If you're Head of Nutrition for two of the most successful rugby teams, then it makes sense that you take your own eating habits seriously. Despite his early starts, Pinto manages to pack a lot into his morning meal, to set him up for his busy day.
"I am generally time-poor in the mornings, so I opt for a smoothie," says Pinto, an Accredited Sports Dietitian, whose busy schedules involves juggling his time between working with the South Sydney Rabbitohs and NSW Waratahs, and consulting privately with High Performance Nutrition Australia.
While his smoothie contains a huge amount of nutrients and goodness, he believes that it's also important to supplement his eating plan with an array of vitamins. "I take vitamin B and two high strength fish oil tablets daily," says Pinto.
His passion for healthy food and ensuring all his nutritional and vitamin needs are covered, extends to his role with his players. Pinto checks each player's daily nutritional intake to make sure they are consuming the right foods, at the right times. "It's also making sure they know which supplements they need to consume before and after each session. This can range significantly due to the different sessions they are required to complete each day, or if they are recovering from an injury."
Pinto says that several nutrients are vital for anybody looking to boost their day-to-day energy and focus. "These include Iron, B12, Zinc and Vitamin D. Being deficient in these may leave you feeling flat and tired," he advises.
If you are training, take a leaf out of the professional athletes' book and include protein in your daily diet, as this helps your body recover from exercise. "Ensuring you consume enough after training and enough throughout the rest of the day is the key," he says. Pinto also recommends including a good quality magnesium and fish oil supplement to reduce inflammation in the body and leave you feeling more relaxed and energised.
On training days, or if they're under the weather, Pinto recommends his players increase their micronutrients intake, with a high strength B-vitamin complex and vitamin C to aid with collagen production and support immune function.

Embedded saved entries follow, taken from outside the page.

-- ===== src/Voice/Network/Connection.antt =====
-- The connection over the rounds of the network thread and the calls of the tick
-- (addon/extensions/task_force_radio_pipe/src/Voice/VoiceNetworkClient.cpp: threadMain).
use task_force_radio_standal.Base.{
  ltb, leb, ◌==◌, if_keeps, length, Text, is_empty, ℕ, zero, suc, ◌+◌, ◌-◌, ◌%◌, ◌<◌, ◌≡◌, refl,
  Bool, true, false, not, ◌&&◌, ◌||◌, Option, none, some, List, [], ◌∷◌, arith,
}
use task_force_radio_standal.Protocol.{max_opus_frame_length}
use task_force_radio_standal.Voice.Network.{Event, Accept, ServerConfig, Client, send_voice_frame}
use task_force_radio_standal.Voice.Network.Thread.{
  ping_interval, server_timeout, config_changed, set_connected, pump_loop, pump_receive,
  ping_server, close_connection, watch_server, serve, establish, connect_and_serve,
  reconnect_if_changed, thread_round,
}

-- A connection has a socket and a server to talk to; without one, nothing of it is left.
abbrev pub LinkOk : Bool → Bool → ServerConfig → ℕ → Bool → Type 0
LinkOk true has_socket config session_id forced =
    (has_socket ≡ true) × (is_empty config.host ≡ false) × ((config.port == 0) ≡ false)
LinkOk false has_socket config session_id forced =
    (has_socket ≡ false) × (session_id ≡ 0) × (forced ≡ false)

abbrev pub IsClientOk : Client → Type 0
IsClientOk c =
    LinkOk c.connected c.has_socket c.active_config c.session_id c.debug_force_audible
    × (c.voice_sequence < 65536)

-- Receiving changes the time of the last datagram only.
pub pump_loop-client :
    (n now : ℕ) (queue : List Text) (c : Client)
    → (t : ℕ) × ((pump_loop n now queue c).2 ≡ record c { last_recv_time = t })
unfolding pump_loop
pump_loop-client zero now queue c = (c.last_recv_time, refl)
pump_loop-client (suc n) now [] c = (c.last_recv_time, refl)
pump_loop-client (suc n) now ([] ∷ queue) c = (c.last_recv_time, refl)
pump_loop-client (suc n) now ((b ∷ bs) ∷ queue) c =
    pump_loop-client n now queue (record c { last_recv_time = now })

close_connection-Ok : (c : Client) → c.voice_sequence < 65536 → IsClientOk (close_connection c).1
unfolding close_connection set_connected
close_connection-Ok c h = ((refl, refl, refl), h)

ping_server-Ok : (now : ℕ) (c : Client) → IsClientOk c → IsClientOk (ping_server now c).1
unfolding ping_server
ping_server-Ok now c h =
    if_keeps {A = List Event × Client} (λ r. IsClientOk r.1)
      (leb ping_interval (now - c.last_ping_time)) (λ _. h) (λ _. h)

watch_server-Ok : (now : ℕ) (c : Client) → IsClientOk c → IsClientOk (watch_server now c).1
unfolding watch_server
watch_server-Ok now c h =
    if_keeps {A = List Event × Client} (λ r. IsClientOk r.1)
      (ltb server_timeout (now - c.last_recv_time)) (λ _. close_connection-Ok c h.1) (λ _. h)

serve-Ok :
    (now : ℕ) (queue : List Text) (c : Client) → IsClientOk c → IsClientOk (serve now queue c).2
unfolding serve pump_receive
serve-Ok now queue c h =
    let (t, same) = pump_loop-client 256 now queue c in
    watch_server-Ok now _ (ping_server-Ok now (pump_loop 256 now queue c).2 (rw same h))

connect_and_serve-Ok :
    (reply : Option Accept) (now : ℕ) (queue : List Text) (c : Client)
    → IsClientOk c
    → c.connected ≡ false
    → is_empty c.config.host ≡ false
    → (c.config.port == 0) ≡ false
    → IsClientOk (connect_and_serve reply now queue c).2
unfolding connect_and_serve establish set_connected
connect_and_serve-Ok none now queue c h down host port =
    (rw down (let l = rw down at h.0 in (refl, l.1, l.2)), h.1)
connect_and_serve-Ok (some a) now queue c h down host port =
    serve-Ok now queue (set_connected true (establish a now c)).1 ((refl, host, port), omega arith)

pub reconnect_if_changed-Ok : (c : Client) → IsClientOk c → IsClientOk (reconnect_if_changed c).1
unfolding reconnect_if_changed
reconnect_if_changed-Ok c h =
    if_keeps {A = List Event × Client} (λ r. IsClientOk r.1) (c.connected && config_changed c)
      (λ _. close_connection-Ok c h.1) (λ _. h)

reconnect_if_changed-config : (c : Client) → (reconnect_if_changed c).1.config ≡ c.config
unfolding reconnect_if_changed close_connection set_connected
reconnect_if_changed-config c =
    if_keeps {A = List Event × Client} (λ r. r.1.config ≡ c.config)
      (c.connected && config_changed c) (λ _. refl) (λ _. refl)

both_false : (a b : Bool) → a || b ≡ false → (a ≡ false) × (b ≡ false)
both_false false b h = (refl, h)
both_false true b h = cc

pub thread_round-Ok :
    (reply : Option Accept) (now : ℕ) (queue : List Text) (c : Client)
    → IsClientOk c
    → IsClientOk (thread_round reply now queue c).2
unfolding thread_round
thread_round-Ok reply now queue c h =
    let c1 = (reconnect_if_changed c).1 in
    let h1 = reconnect_if_changed-Ok c h in
    let same = reconnect_if_changed-config c in
    if_keeps {A = List Event × List Text × Client} (λ r. IsClientOk r.2)
      (is_empty c.config.host || c.config.port == 0) (λ _. h)
      (λ configured.
        if_keeps {A = List Event × List Text × Client} (λ r. IsClientOk r.2) c1.connected
          (λ _. serve-Ok now queue c1 h1)
          (λ down.
            let (host, port) =
              both_false (is_empty c.config.host) (c.config.port == 0) configured in
            connect_and_serve-Ok reply now queue c1 h1 down (rw same host) (rw same port)))

pub send_voice_frame-Ok :
    (opus : Text) (is_last : Bool) (c : Client)
    → IsClientOk c
    → IsClientOk (send_voice_frame opus is_last c).1
unfolding send_voice_frame
send_voice_frame-Ok opus is_last c h =
    let moved : (c.voice_sequence + 1) % 65536 < 65536 = omega arith in
    if_keeps {A = List Event × Client} (λ r. IsClientOk r.1)
      (is_empty opus || ltb max_opus_frame_length (length opus)) (λ _. h)
      (λ _.
        if_keeps {A = List Event × Client} (λ r. IsClientOk r.1) (not c.connected) (λ _. h)
          (λ _.
            if_keeps {A = List Event × Client} (λ r. IsClientOk r.1) (not c.has_socket)
              (λ _. (h.0, moved)) (λ _. (h.0, moved))))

Getting started on your fitness path? Pinto says that above all, it's important to strive for consistency. "I see too many people take on heavy training schedules that they can't sustain and then stop exercising altogether." He recommends exercising three to four times a week, and make sure you're doing a workout you enjoy: "but try to vary the exercise types and intensity so your body continues to adapt."
As Pinto is continually on the move, he ensures that his gym bag is well-stocked with his daily nutritional and physical needs. "My gym bag is pretty simple," he says. "I always have a water bottle – to stay hydrated – I also use a spike ball to help improve my mobility prior to the session. After a workout I finish with a protein shake to help with my recovery and reduce my appetite after exercise."